Par Mariane Sawan, Doctorante et co-chercheuse, Science, technologie et société, UQÀM, CIRST
Coïncidence ! J’ai été appelée à rédiger cet article une soirée où ma fille, 14 ans et demi (et j’insiste sur le demi !!) « chattait ». Ses examens approchent, mais elle est sûre et certaine d’avoir « parfaitement accompli » ses devoirs et études ! Une nouvelle photo de profil est affichée sur Facebook avec effervescence et réveille les sens puis fait couler l’encre digitale pour des minutes et des heures d’insouciance ! Je jette un coup d’œil sur les commentaires, bien que « relativement respectueux », un brin osés mais « cool » et du type « genre, tsé, lol, omg, tc, plus sexy que…, beau …, ne devrais-tu pas… ?... », je ressens une certaine nausée et je me dirige en urgence vers mon bouquin de méditation. Ou serait-ce une séance de yoga intense ce soir, en guise de préparation de la leçon, à répéter encore et encore !
….Pour faire une histoire courte, et faire suite aux articles et entrevues que Familléduc et ses experts avaient offerts sur le sujet, des questions s’imposent et se reposent :
1- Où en est-on avec cette liberté d’expression, ou plutôt avec cette libéralisation et libertinage numérique ? En vérité, qu’est-ce que « liberté d’expression » pour nous, mais aussi pour nos ados ? La comprennent-ils vraiment ? Pourquoi insistent-ils à s’exprimer ainsi ?
Nous connaissons déjà les risques et les impacts négatifs possibles, même si involontaires : intimidation, discrimination, irrespect, diffamation, gros mots… Mais comment agir ? Les balises existeraient-elles au niveau familial, social, politique ou institutionnel ?

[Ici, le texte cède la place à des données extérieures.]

-- ===== src/Jobs/Tiles.antt =====
-- The jobs of a range take it apart without gap or overlap.
use sigmod_programming_conte.Base.{ℕ, zero, suc, ◌+◌, ◌≤◌, ◌<◌, ◌≡◌, List, [], ◌∷◌, arith}
use sigmod_programming_conte.Jobs.Split.{split_from, split}

-- The ranges are not empty, hold at most `most` each, and follow one another from `k` to `size`.
abbrev pub Tiles : ℕ → ℕ → ℕ → List (ℕ × ℕ) → Type 0
Tiles most k size [] = k ≡ size
Tiles most k size ((a, b) ∷ l) = (a ≡ k) × (a < b) × (b ≤ a + most) × Tiles most b size l

-- Enough fuel: each round moves `k` on.
split_from-Tiles :
    (wpj size fuel k : ℕ)
    → 1 ≤ wpj
    → k ≤ size
    → size ≤ k + fuel
    → Tiles wpj k size (split_from (λ a b. (a, b)) wpj size fuel k)
unfolding split_from
split_from-Tiles wpj size zero k one le enough = ground arith
split_from-Tiles wpj size (suc fuel) k one le enough =
    ground (arith, split_from-Tiles wpj size fuel (k + wpj) one)

-- With at least one item per job, the jobs of a range of any size get ranges that are not empty, have at most
-- that many items, and cover the whole range in order, without gap or overlap.
pub split-Tiles : (wpj size : ℕ) → 1 ≤ wpj → Tiles wpj 0 size (split (λ a b. (a, b)) wpj size)
unfolding split
split-Tiles wpj size one = split_from-Tiles wpj size size 0 one (omega arith) (omega arith)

En premier, je vous affirme que les balises de l’éthique existent sur tous les niveaux ! S’intégrer dans la vie numérique de nos ados est chose possible. Cependant, il faut le faire d’une manière professionnelle et délicate. Afin de pouvoir répondre à leurs moues et répliques, une petite recherche sur les lois et les droits nous permet de comprendre et de leur expliquer que
la Liberté d’expression comme Droit existe tout en possédant ses limites, elle doit respecter d’autres droits et non pas les brimer : on est libre d’afficher une opinion, un mot etc. tant qu’il ne blesse pas, n’intimide pas et ne constitue aucun acte de diffamation ni de discrimination. Il reste donc à sensibiliser davantage nos jeunes à la différence entre public et privé, les inviter à réfléchir avant de publier ou accepter un commentaire, et développer leur sens (numérique) de l’auto-respect et du respect d’autrui.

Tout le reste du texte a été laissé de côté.